EXERCISE DESCRIPTION =>
Narrow the data below down to the lines containing "elim".

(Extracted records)

--------------------

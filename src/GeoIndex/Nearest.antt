-- ===== src/GeoIndex/Nearest.antt =====
-- The search for the nearest neighbours ends, and finds them (core/src/geo/geohash-index.ts).
use ride_location_tracking_e.Common.{
  ℕ, zero, suc, ◌+◌, ◌*◌, ◌^◌, ◌≡◌, ◌≤◌, ◌<◌, ◌⊎◌, refl, sym, subst, ap, or_default, ◌∙◌, Bool,
  true, false, ◌&&◌, none, some, List, [], leb, ltb, Bool-cases, inl, inr, arith, All, All-mono,
  All-take, take, length, length-take-full, length-take-le, max,
}
use native.Mathlib.Nat.{one-le-pow, mul-pos}
use ride_location_tracking_e.Common.Map
use ride_location_tracking_e.Common.Sorting.{
  any, count, count-take-le, IsSortedBy, take-IsSortedBy, first-or_at_most,
}
use ride_location_tracking_e.Domain.{LatLng}
use ride_location_tracking_e.Geohash.{bit_split}
use ride_location_tracking_e.GeoIndex.{GeohashIndex}
use ride_location_tracking_e.GeoIndex.Buckets.{IsIndexed}
use ride_location_tracking_e.GeoIndex.Search.{
  GeoIndexEntry, radius_search, deepen, first_radius, nearest_neighbors, meter,
}
use ride_location_tracking_e.GeoIndex.Candidates.{hash_at_bits}
use ride_location_tracking_e.GeoIndex.Spread.{IsSpread}
use ride_location_tracking_e.GeoIndex.Radius.{
  is_of, by_distance, IsEntry, IsExhaustive, radius_search-IsExhaustive,
}

module _ (unit bits scale : ℕ) (cos : LatLng → ℕ) (distance : LatLng → LatLng → ℕ)
    (index : GeohashIndex) (center : LatLng) where
  -- The `k` nearest entries of the index, or all that are within the greatest radius.
  pub record IsNearest (k max_radius : ℕ) (found : List GeoIndexEntry) : Type 0 where
    pub sorted : IsSortedBy by_distance found
    pub entries : All (IsEntry unit bits scale cos distance index center) found
    pub single : (id : ℕ) → count (is_of id) found ≤ 1
    pub few : length found ≤ k
    -- An id that is not found is no nearer than those found, which are `k`, unless it is out of reach.
    pub nearest :
        (id : ℕ) (p : LatLng)
        → Map.get index.positions id ≡ some p
        → (any (is_of id) found ≡ true)
          ⊎ (All (λ e. e.distance_meters ≤ distance center p) found
              × ((length found ≡ k) ⊎ (max_radius < distance center p)))

  abbrev results : ℕ → List GeoIndexEntry
  results radius = radius_search unit bits scale cos distance index center radius none

  -- The entry of an id has the distance of the id's position.
  entry_distance :
      (id : ℕ) (p : LatLng) (x : GeoIndexEntry)
      → Map.get index.positions id ≡ some p
      → IsEntry unit bits scale cos distance index center x
      → is_of id x ≡ true
      → x.distance_meters ≡ distance center p
  entry_distance id p x e h g =
      let same : x.id ≡ id = ground (arith, g) in
      let at : Map.get index.positions id ≡ some x.position =
        subst (λ z. Map.get index.positions z ≡ some x.position) same h.0 in
      h.1 ∙ ap (λ o. distance center (or_default o p)) (sym at ∙ e)

  module _ (k max_radius : ℕ) where
    abbrev NoNearer : List GeoIndexEntry → LatLng → Type 0
    NoNearer found p =
        All (λ x. x.distance_meters ≤ distance center p) found
        × ((length found ≡ k) ⊎ (max_radius < distance center p))

    out_of_reach :
        (radius : ℕ) (found : List GeoIndexEntry) (p : LatLng)
        → IsExhaustive unit bits scale cos distance index center radius found
        → (k ≤ length found) ⊎ (max_radius ≤ radius)
        → radius < distance center p
        → NoNearer (take found k) p
    out_of_reach radius found p x enough far = (
      All-take _ found k (All-mono _ _ found (λ y h. omega (arith, h.1, far)) x.entries),
      elim enough [
        | inl full ↦ inl (length-take-full found k full)
        | inr wide ↦ inr (omega (arith, wide, far))
      ],
    )

    -- The first `k` of a search that is wide enough.
    cut-IsNearest :
        (radius : ℕ) (found : List GeoIndexEntry)
        → IsExhaustive unit bits scale cos distance index center radius found
        → (k ≤ length found) ⊎ (max_radius ≤ radius)
        → IsNearest k max_radius (take found k)
    cut-IsNearest radius found x enough = record {
      sorted = take-IsSortedBy by_distance found k x.sorted;
      entries = All-take _ found k (All-mono _ _ found (λ e h. h.0) x.entries);
      single = λ id. omega (arith, count-take-le (is_of id) found k, x.single id);
      few = length-take-le found k;
      nearest = λ id p e. elim (Bool-cases (leb (distance center p) radius)) [
        | inl g ↦
            elim (first-or_at_most by_distance (is_of id) (distance center p) found k
              (x.complete id p e (ground (arith, g)))
              (All-mono _ _ found (λ y h. entry_distance id p y e h.0) x.entries) x.sorted) [
                | inl f ↦ inl f
                | inr f ↦ inr (f.0, inl f.1)
              ]
        | inr g ↦ inr (out_of_reach radius found p x enough (ground (arith, g)))
      ];
    }

    -- No search goes farther than the first one, or twice the greatest radius.
    abbrev pub last_radius : ℕ
    last_radius = max (first_radius unit bits scale cos distance center) (max_radius * 2)

    module _ (v : IsIndexed (hash_at_bits unit bits) index)
        (spread : IsSpread unit bits scale cos distance index center last_radius)
        (positive : 0 < scale) where
      exhaustive :
          (radius : ℕ)
          → radius ≤ last_radius
          → IsExhaustive unit bits scale cos distance index center radius (results radius)
      exhaustive radius reached =
          (radius_search-IsExhaustive unit bits scale cos distance index center radius v
            (λ id p e near. spread id p e (omega arith)) positive).0

      -- The loop goes on.
      abbrev goes_on : ℕ → Bool
      goes_on radius = ltb (length (results radius)) k && ltb radius max_radius

      wide_enough :
          (radius : ℕ)
          → goes_on radius ≡ false
          → (k ≤ length (results radius)) ⊎ (max_radius ≤ radius)
      wide_enough radius g = elim (Bool-cases (ltb (length (results radius)) k)) [
        | inl a ↦ inr (ground (arith, a, g))
        | inr a ↦ inl (ground (arith, a))
      ]

      abbrev Found : ℕ → ℕ → Type 0
      Found fuel radius =
          (found : List GeoIndexEntry) × (deepen unit bits scale cos distance fuel index center k
              max_radius radius
            ≡ some found)
          × IsNearest k max_radius found

      stopped :
          (fuel radius : ℕ)
          → radius ≤ last_radius
          → goes_on radius ≡ false
          → Found (suc fuel) radius
      unfolding deepen
      stopped fuel radius reached g = (
        take (results radius) k,
        rw (g, deepen) refl,
        cut-IsNearest radius (results radius) (exhaustive radius reached) (wide_enough radius g),
      )

      deepen-IsNearest :
          (fuel radius : ℕ)
          → 0 < radius
          → radius ≤ last_radius
          → max_radius ≤ radius + fuel
          → Found (suc fuel) radius
      unfolding deepen
      deepen-IsNearest zero radius some_radius reached h =
          stopped zero radius reached (ground arith)
      deepen-IsNearest (suc fuel) radius some_radius reached h =
          elim (Bool-cases (goes_on radius)) [
            | inr g ↦ stopped (suc fuel) radius reached g
            | inl g ↦
                let deeper =
                  deepen-IsNearest fuel (radius * 2) (omega arith) (ground (arith, g))
                    (omega arith) in
                (deeper.0, rw (g, deepen) deeper.1, deeper.2)
          ]

      some_radius : 0 < scale → 0 < first_radius unit bits scale cos distance center
      unfolding first_radius
      some_radius h =
          let grains : 0 < meter unit bits scale =
            mul-pos {m = 1000000 * scale} {n = 2 ^ (bit_split bits).lng_bits} (omega arith)
              (one-le-pow (bit_split bits).lng_bits 2 (omega arith)) in
          ground (arith, grains)

      -- The search for the `k` nearest entries ends, and answers `k` different entries, the nearest first, than
      -- which no entry that is left out is nearer, or fewer if all the others are farther away than the greatest
      -- radius. The buckets must be those of the positions, the scale of the cosine positive, and every
      -- position of the index within the first radius or within twice the greatest one, whose cell is some rows and some
      -- columns from the center's, at least all but one of these rows away, and all but one of these
      -- columns, counted the shorter way around the globe and as wide as at the center.
      pub nearest_neighbors-IsNearest :
          (found : List GeoIndexEntry) × (nearest_neighbors unit bits scale cos distance index
              center k max_radius
            ≡ some found)
          × IsNearest k max_radius found
      unfolding nearest_neighbors count
      nearest_neighbors-IsNearest = elim (Bool-cases (leb k 0)) [
        | inl g ↦ (
          [],
          rw (g, nearest_neighbors) refl,
          record {
            sorted = tt;
            entries = tt;
            single = λ id. omega arith;
            few = omega arith;
            nearest = λ id p e. inr (tt, inl (ground (arith, g)));
          },
        )
        | inr g ↦
            let deep =
              deepen-IsNearest max_radius (first_radius unit bits scale cos distance center)
                (some_radius positive) (omega arith) (omega arith) in
            (deep.0, rw (g, nearest_neighbors) deep.1, deep.2)
      ]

--------------------

EXERCISE ANSWER =>
      elim enough [
      nearest = λ id p e. elim (Bool-cases (leb (distance center p) radius)) [
            elim (first-or_at_most by_distance (is_of id) (distance center p) found k
      wide_enough radius g = elim (Bool-cases (ltb (length (results radius)) k)) [
          elim (Bool-cases (goes_on radius)) [
      nearest_neighbors-IsNearest = elim (Bool-cases (leb k 0)) [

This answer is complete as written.